Record excerpts
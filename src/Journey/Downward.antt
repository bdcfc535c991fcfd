-- ===== src/Journey/Downward.antt =====
-- The whole way of a message from the library of a BBS to the operator.
use aka_smsd.Common.Code
use aka_smsd.Wire.Cmd
use aka_smsd.Storage
use aka_smsd.Operator.Dx18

What you need to do
Output every record without changing any wording.

Written answer
filename src/Journey/Downward.antt
repository bdcfc535c991fcfd
-- ===== src/Journey/Downward.antt =====
-- The whole way of a message from the library of a BBS to the operator.
use aka_smsd.Common.Code
use aka_smsd.Wire.Cmd
use aka_smsd.Storage
use aka_smsd.Operator.Dx18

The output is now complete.